ACTION ITEM: Please copy each line below that contains the string "elim".

Records contained in a dataset:
○ ○ ○ ○ ○

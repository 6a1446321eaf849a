-- ===== src/Mysql.antt =====
-- The MySQL engines (bdbackup/mysql).
pub mod XtraBackup
pub mod Helpers
pub mod Dump
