-- ===== src/Mysql/Dump.antt =====
-- bdbackup/mysql/mysqldump.py: the options and the selection of a logical dump, and the redaction
-- of its command (bdbackup/utils.py).
use bdbackup.Base.{
  Bool, not, ◌&&◌, ◌||◌, Option, none, some, List, [], ◌∷◌, ◌++◌, String, str_eq, starts_with,
  if◌then◌else◌, any_of, codes, ◌==◌,
}

abbrev pub mentions : String → List String → Bool
mentions x xs = any_of (λ y. str_eq y x) xs

-- `dict.fromkeys`: the first of equal options stays.
unfoldable pub unique : List String → List String → List String
unique seen [] = seen
unique seen (x ∷ xs) = unique (if mentions x seen then seen else seen ++ (x ∷ [])) xs

-- `list.remove`
unfoldable pub remove_first : String → List String → List String
remove_first x [] = []
remove_first x (y ∷ ys) = if str_eq y x then ys else y ∷ remove_first x ys

-- `DEFAULT_OPTIONS`
abbrev pub default_options : List String
default_options =
    "--single-transaction" ∷ "--databases" ∷ "--routines" ∷ "--events" ∷ "--triggers" ∷ []

-- The options that `__init__` keeps.
unfoldable pub dump_options : List String → List String
unfolding unique remove_first
dump_options more =
    let all = unique [] (default_options ++ more) in
    if mentions "--all-databases" all then remove_first "--databases" all else all

-- The database, or the job's own one.
abbrev pub chosen : Option String → Option String → Option String
chosen (some d) own = some d
chosen none own = own

abbrev is_bad : String → Bool
is_bad d = str_eq d "" || starts_with d "-" || any_of (λ c. c == 0) (codes d)

-- `selection`: what a dump covers, or none for a `BackupError`.
unfoldable pub selection : List String → Option String → Option String → Option String
selection options database own = elim (chosen database own) [
  | some d ↦ if is_bad d then none else some d
  | none ↦ if mentions "--all-databases" options then some "all databases" else none
]

-- `_build_cmd`, for the defaults file's option.
unfoldable pub build_cmd : List String → Option String → String → List String
build_cmd options database defaults =
    "mysqldump" ∷ defaults ∷ options
    ++ (elim database [ none ↦ [] | some d ↦ if str_eq d "" then [] else d ∷ [] ])

-- `redact_cmd`
unfoldable pub redact_cmd : List String → List String → List String
redact_cmd secrets [] = []
redact_cmd secrets (p ∷ ps) =
    (if mentions p secrets && not (str_eq p "") then "***" else p) ∷ redact_cmd secrets ps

○ ○ ○ ○ ○

ANSWER TO THIS TASK:
selection options database own = elim (chosen database own) [
    ++ (elim database [ none ↦ [] | some d ↦ if str_eq d "" then [] else d ∷ [] ])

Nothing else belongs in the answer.